Entries taken from a collection
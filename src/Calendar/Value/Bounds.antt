-- ===== src/Calendar/Value/Bounds.antt =====
-- What every method keeps true of a Value: the flags agree with one another, a single value lies
-- between the bounds, and the table has one entry for each number between them.
use resticprofile.Base.{
  ℕ, zero, suc, ◌+◌, ◌-◌, ◌≤◌, ◌≡◌, true, false, none, arith, length, replicate, set, Keeps,
  Keeps->>, Option-cases, length-set, length-replicate, Bool-cases, inl, inr, ltb,
}
use resticprofile.Calendar.Value.{
  Value, TypeValue, new_value, new_value_from_type, check_value, insert_value, add_value,
  add_values, add_range, clear_flags,
}

pub record IsValid (v : Value) : Type 0 where
  pub bounds : v.min_range ≤ v.max_range
  pub single_has_value : v.has_single_value ≡ true → v.has_value ≡ true
  pub range_has_value : v.has_range ≡ true → v.has_value ≡ true
  pub single_or_range : v.has_value ≡ true → v.has_single_value ≡ false → v.has_range ≡ true
  pub not_both : v.has_single_value ≡ true → v.has_range ≡ false
  pub above_min : v.has_single_value ≡ true → v.min_range ≤ v.single_value
  pub below_max : v.has_single_value ≡ true → v.single_value ≤ v.max_range
  pub table : v.has_range ≡ true → length v.range_values ≡ v.max_range - v.min_range + 1

-- `value` passes `checkValue`.
abbrev pub InBounds : ℕ → Value → Type 0
InBounds n v = (v.min_range ≤ n) × (n ≤ v.max_range)

pub new_value-IsValid : (min max : ℕ) → min ≤ max → IsValid (new_value min max)
unfolding new_value
new_value-IsValid min max h = ground arith

pub new_value_from_type-IsValid : (t : TypeValue) → IsValid (new_value_from_type t)
unfolding new_value_from_type
new_value_from_type-IsValid TypeValue.unknown_type = ground arith
new_value_from_type-IsValid _ = ground arith

pub clear_flags-IsValid : {v : Value} → IsValid v → IsValid (clear_flags v)
unfolding clear_flags
clear_flags-IsValid h = ground arith

pub check_value-none : (v : Value) (n : ℕ) → check_value v n ≡ none → InBounds n v
unfolding check_value
check_value-none v n h = ground arith

pub check_value_ok : (v : Value) (n : ℕ) → InBounds n v → check_value v n ≡ none
unfolding check_value
check_value_ok v n h = ground arith

pub insert_value-IsValid :
    {v : Value} (n : ℕ) → IsValid v → InBounds n v → IsValid (insert_value n v)
unfolding insert_value
insert_value-IsValid {v} n h b = ground (
  arith,
  length-replicate (v.max_range - v.min_range + 1) false,
  length-set (replicate (v.max_range - v.min_range + 1) false) (v.single_value - v.min_range) true,
  length-set
      (set (replicate (v.max_range - v.min_range + 1) false) (v.single_value - v.min_range) true)
      (n - v.min_range) true,
  length-set v.range_values (n - v.min_range) true,
)

-- AddValue keeps the invariant, whether it adds the number or refuses it.
pub add_value-IsValid : (n : ℕ) → Keeps IsValid (add_value n)
unfolding add_value
add_value-IsValid n v h = elim (Option-cases (check_value v n)) [
  | inl e ↦ rw (e, add_value) (insert_value-IsValid n h (check_value-none v n e))
  | inr (x, e) ↦ rw (e, add_value) h
]

pub add_values-IsValid : (rounds i : ℕ) → Keeps IsValid (add_values rounds i)
unfolding add_values
add_values-IsValid zero i v h = h
add_values-IsValid (suc rounds) i v h =
    Keeps->> IsValid (add_value i) (add_values rounds (i + 1)) (add_value-IsValid i)
      (add_values-IsValid rounds (i + 1)) v h

-- AddRange keeps the invariant, also when it stops at a number out of bounds.
pub add_range-IsValid : (start end : ℕ) (v : Value) → IsValid v → IsValid (add_range start end v).0
unfolding add_range
add_range-IsValid start end v h = elim (Bool-cases (ltb end start)) [
  | inl e ↦ rw e (add_values-IsValid (start + 1 - end) end v h)
  | inr e ↦ rw e (add_values-IsValid (end + 1 - start) start v h)
]
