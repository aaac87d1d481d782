-- ===== src/Calendar/Value/Members.antt =====
-- The numbers of a Value, as `IsInRange` tells them: AddValue and AddRange add exactly their
-- arguments, and a refused number adds nothing.
use resticprofile.Base.{
  ℕ, zero, suc, ◌+◌, ◌-◌, ◌≤◌, ◌<◌, ◌≡◌, ◌≢◌, ◌⊎◌, refl, Bool, true, false, ◌&&◌, ◌||◌, none, List,
  [], ◌∷◌, arith, leb, ◌==◌, if◌then◌else◌, length, get_or, set, replicate, contains, Option-cases,
  inl, inr, length-replicate, length-set,
}
use resticprofile.Calendar.Value.{
  Value, check_value, insert_value, add_value, is_in_range, get_range_values, values_from,
}
use resticprofile.Calendar.Value.Bounds.{IsValid, InBounds, check_value-none, check_value_ok}

get_or-set :
    (bs : List Bool) (i j : ℕ)
    → i < length bs
    → get_or (set bs i true) j false ≡ (i == j || get_or bs j false)
get_or-set [] i j h = elim h [ ]
get_or-set (b ∷ bs) zero zero h = ground arith
get_or-set (b ∷ bs) zero (suc j) h = ground arith
get_or-set (b ∷ bs) (suc i) zero h = ground arith
get_or-set (b ∷ bs) (suc i) (suc j) h = ground (arith, get_or-set bs i j (omega arith))

get_or-replicate : (n j : ℕ) → get_or (replicate n false) j false ≡ false
get_or-replicate zero j = refl
get_or-replicate (suc n) zero = refl
get_or-replicate (suc n) (suc j) = get_or-replicate n j

-- The test of one entry of the table that starts at `n`.
abbrev entry : ℕ → List Bool → ℕ → Bool
entry n bs y = leb n y && get_or bs (y - n) false

get_or-cons :
    (b : Bool) (bs : List Bool) (k : ℕ)
    → get_or (b ∷ bs) k false ≡ (if k == 0 then b else get_or bs (k - 1) false)
get_or-cons b bs zero = refl
get_or-cons b bs (suc k) = ground arith

entry-cons :
    (n : ℕ) (b : Bool) (bs : List Bool) (y : ℕ)
    → entry n (b ∷ bs) y ≡ ((n == y && b) || entry (n + 1) bs y)
entry-cons n b bs y = ground (arith, get_or-cons b bs (y - n))

contains-values_from :
    (n : ℕ) (bs : List Bool) (y : ℕ) → contains y (values_from n bs) ≡ entry n bs y
unfolding values_from contains
contains-values_from n [] y = ground arith
contains-values_from n (true ∷ bs) y =
    ground (arith, contains-values_from (n + 1) bs y, entry-cons n true bs y)
contains-values_from n (false ∷ bs) y =
    ground (arith, contains-values_from (n + 1) bs y, entry-cons n false bs y)

in_table :
    (v : Value) (y : ℕ)
    → v.has_value ≡ true
    → v.has_single_value ≡ false
    → is_in_range y v ≡ entry v.min_range v.range_values y
unfolding is_in_range get_range_values
in_table v y h k = rw (h, k, contains-values_from v.min_range v.range_values y)

pub in_single :
    (v : Value) (y : ℕ)
    → v.has_value ≡ true
    → v.has_single_value ≡ true
    → is_in_range y v ≡ (v.single_value == y)
unfolding is_in_range get_range_values contains
in_single v y h k = ground arith

pub in_nothing : (v : Value) (y : ℕ) → v.has_value ≡ false → is_in_range y v ≡ false
unfolding is_in_range get_range_values contains
in_nothing v y h = rw h

entry-set :
    (n x : ℕ) (bs : List Bool) (y : ℕ)
    → n ≤ x
    → x - n < length bs
    → entry n (set bs (x - n) true) y ≡ (x == y || entry n bs y)
entry-set n x bs y h k = ground (arith, get_or-set bs (x - n) (y - n) k)

entry-replicate : (n k y : ℕ) → entry n (replicate k false) y ≡ false
entry-replicate n k y = ground (arith, get_or-replicate k (y - n))

module _ (v : Value) (n y : ℕ) (h : IsValid v) (b : InBounds n v) where
  insert_first :
      v.has_value ≡ false → is_in_range y (insert_value n v) ≡ (n == y || is_in_range y v)
  unfolding insert_value
  insert_first e = ground (
    arith,
    in_nothing v y e,
    in_single (record v { has_value = true; has_single_value = true; single_value = n }) y refl
        refl,
  )

  insert_second :
      v.has_single_value ≡ true → is_in_range y (insert_value n v) ≡ (n == y || is_in_range y v)
  unfolding insert_value
  insert_second e =
      let size : ℕ = v.max_range - v.min_range + 1 in
      let table : List Bool = set (replicate size false) (v.single_value - v.min_range) true in
      ground (
        arith,
        in_single v y (h.single_has_value e) e,
        in_table (insert_value n v) y,
        entry-set v.min_range n table y,
        entry-set v.min_range v.single_value (replicate size false) y,
        entry-replicate v.min_range size y,
        length-set (replicate size false) (v.single_value - v.min_range) true,
        length-replicate size false,
      )

  insert_later : v.has_range ≡ true → is_in_range y (insert_value n v) ≡ (n == y || is_in_range y v)
  unfolding insert_value
  insert_later e =
      ground (
        arith,
        in_table v y,
        in_table (insert_value n v) y,
        entry-set v.min_range n v.range_values y,
      )

pub is_in_range-insert_value :
    (v : Value) (n y : ℕ)
    → IsValid v
    → InBounds n v
    → is_in_range y (insert_value n v) ≡ (n == y || is_in_range y v)
is_in_range-insert_value v n y h b =
    ground (arith, insert_first v n y h b, insert_second v n y h b, insert_later v n y h b)

-- AddValue of a number between the bounds of a valid Value succeeds and adds that number alone; a
-- number out of bounds is refused, and the Value is left as it was.
pub add_value_adds :
    (v : Value) (n : ℕ)
    → IsValid v
    → (InBounds n v
        × ((add_value n v).1 ≡ none)
        × ((y : ℕ) → is_in_range y (add_value n v).0 ≡ (n == y || is_in_range y v)))
      ⊎ (¬ InBounds n v × ((add_value n v).1 ≢ none) × ((add_value n v).0 ≡ v))
unfolding add_value
add_value_adds v n h = elim (Option-cases (check_value v n)) [
  | inl e ↦
      let b = check_value-none v n e in
      rw (e, add_value) (inl (b, refl, λ y. is_in_range-insert_value v n y h b))
  | inr (x, e) ↦ rw (e, add_value) (inr (λ b. absurd (cc (check_value_ok v n b)), λ p. cc, refl))
]

get_or-length : (bs : List Bool) (k : ℕ) → get_or bs k false ≡ true → k < length bs
get_or-length [] k h = cc
get_or-length (b ∷ bs) zero h = omega arith
get_or-length (b ∷ bs) (suc k) h = omega (arith, get_or-length bs k h)

-- Every number of a valid Value lies between its bounds.
pub is_in_range-InBounds : (v : Value) (y : ℕ) → IsValid v → is_in_range y v ≡ true → InBounds y v
is_in_range-InBounds v y h e = ground (
  arith,
  in_nothing v y,
  in_single v y,
  in_table v y,
  get_or-length v.range_values (y - v.min_range),
)
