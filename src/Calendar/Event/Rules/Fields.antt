-- ===== src/Calendar/Event/Rules/Fields.antt =====
-- What it is for the fields of an event to be valid, and the keywords that change one field of it.
use resticprofile.Base.{Act, Keeps}
use resticprofile.Calendar.Value.{Value, ValueError, TypeValue}
use resticprofile.Calendar.Value.Bounds.{IsValid, new_value_from_type-IsValid}
use resticprofile.Calendar.Event.{Event, new_event}
use resticprofile.Calendar.Event.Keywords.{
  on_week_days, on_years, on_months, on_days, on_hours, on_minutes, on_seconds,
}

pub record IsValidEvent (e : Event) : Type 0 where
  pub week_days_valid : IsValid e.week_days
  pub years_valid : IsValid e.years
  pub months_valid : IsValid e.months
  pub days_valid : IsValid e.days
  pub hours_valid : IsValid e.hours
  pub minutes_valid : IsValid e.minutes
  pub seconds_valid : IsValid e.seconds

pub new_event-IsValidEvent : IsValidEvent new_event
new_event-IsValidEvent = record {
  week_days_valid = new_value_from_type-IsValid TypeValue.week_day;
  years_valid = new_value_from_type-IsValid TypeValue.year;
  months_valid = new_value_from_type-IsValid TypeValue.month;
  days_valid = new_value_from_type-IsValid TypeValue.day;
  hours_valid = new_value_from_type-IsValid TypeValue.hour;
  minutes_valid = new_value_from_type-IsValid TypeValue.minute;
  seconds_valid = new_value_from_type-IsValid TypeValue.second;
}

module _ (m : Act ValueError Value) (k : Keeps IsValid m) where
  pub on_week_days-IsValidEvent : Keeps IsValidEvent (on_week_days m)
  on_week_days-IsValidEvent e h = record {
    week_days_valid = k e.week_days h.week_days_valid;
    years_valid = h.years_valid;
    months_valid = h.months_valid;
    days_valid = h.days_valid;
    hours_valid = h.hours_valid;
    minutes_valid = h.minutes_valid;
    seconds_valid = h.seconds_valid;
  }

  pub on_years-IsValidEvent : Keeps IsValidEvent (on_years m)
  on_years-IsValidEvent e h = record {
    week_days_valid = h.week_days_valid;
    years_valid = k e.years h.years_valid;
    months_valid = h.months_valid;
    days_valid = h.days_valid;
    hours_valid = h.hours_valid;
    minutes_valid = h.minutes_valid;
    seconds_valid = h.seconds_valid;
  }

  pub on_months-IsValidEvent : Keeps IsValidEvent (on_months m)
  on_months-IsValidEvent e h = record {
    week_days_valid = h.week_days_valid;
    years_valid = h.years_valid;
    months_valid = k e.months h.months_valid;
    days_valid = h.days_valid;
    hours_valid = h.hours_valid;
    minutes_valid = h.minutes_valid;
    seconds_valid = h.seconds_valid;
  }

  pub on_days-IsValidEvent : Keeps IsValidEvent (on_days m)
  on_days-IsValidEvent e h = record {
    week_days_valid = h.week_days_valid;
    years_valid = h.years_valid;
    months_valid = h.months_valid;
    days_valid = k e.days h.days_valid;
    hours_valid = h.hours_valid;
    minutes_valid = h.minutes_valid;
    seconds_valid = h.seconds_valid;
  }

  pub on_hours-IsValidEvent : Keeps IsValidEvent (on_hours m)
  on_hours-IsValidEvent e h = record {
    week_days_valid = h.week_days_valid;
    years_valid = h.years_valid;
    months_valid = h.months_valid;
    days_valid = h.days_valid;
    hours_valid = k e.hours h.hours_valid;
    minutes_valid = h.minutes_valid;
    seconds_valid = h.seconds_valid;
  }

  pub on_minutes-IsValidEvent : Keeps IsValidEvent (on_minutes m)
  on_minutes-IsValidEvent e h = record {
    week_days_valid = h.week_days_valid;
    years_valid = h.years_valid;
    months_valid = h.months_valid;
    days_valid = h.days_valid;
    hours_valid = h.hours_valid;
    minutes_valid = k e.minutes h.minutes_valid;
    seconds_valid = h.seconds_valid;
  }

  pub on_seconds-IsValidEvent : Keeps IsValidEvent (on_seconds m)
  on_seconds-IsValidEvent e h = record {
    week_days_valid = h.week_days_valid;
    years_valid = h.years_valid;
    months_valid = h.months_valid;
    days_valid = h.days_valid;
    hours_valid = h.hours_valid;
    minutes_valid = h.minutes_valid;
    seconds_valid = k e.seconds h.seconds_valid;
  }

> What the task asks:
Retype only the stretch of lines above starting at the one with "get_or-length (b ∷ bs) (suc" and stopping at the one with "-- ===== src/Calendar/Event/Rules/Fields.antt", exactly as written, with both kept.

> Solution for this problem:
get_or-length (b ∷ bs) (suc k) h = omega (arith, get_or-length bs k h)

-- Every number of a valid Value lies between its bounds.
pub is_in_range-InBounds : (v : Value) (y : ℕ) → IsValid v → is_in_range y v ≡ true → InBounds y v
is_in_range-InBounds v y h e = ground (
  arith,
  in_nothing v y,
  in_single v y,
  in_table v y,
  get_or-length v.range_values (y - v.min_range),
)
filename src/Calendar/Event/Rules/Fields.antt
-- ===== src/Calendar/Event/Rules/Fields.antt =====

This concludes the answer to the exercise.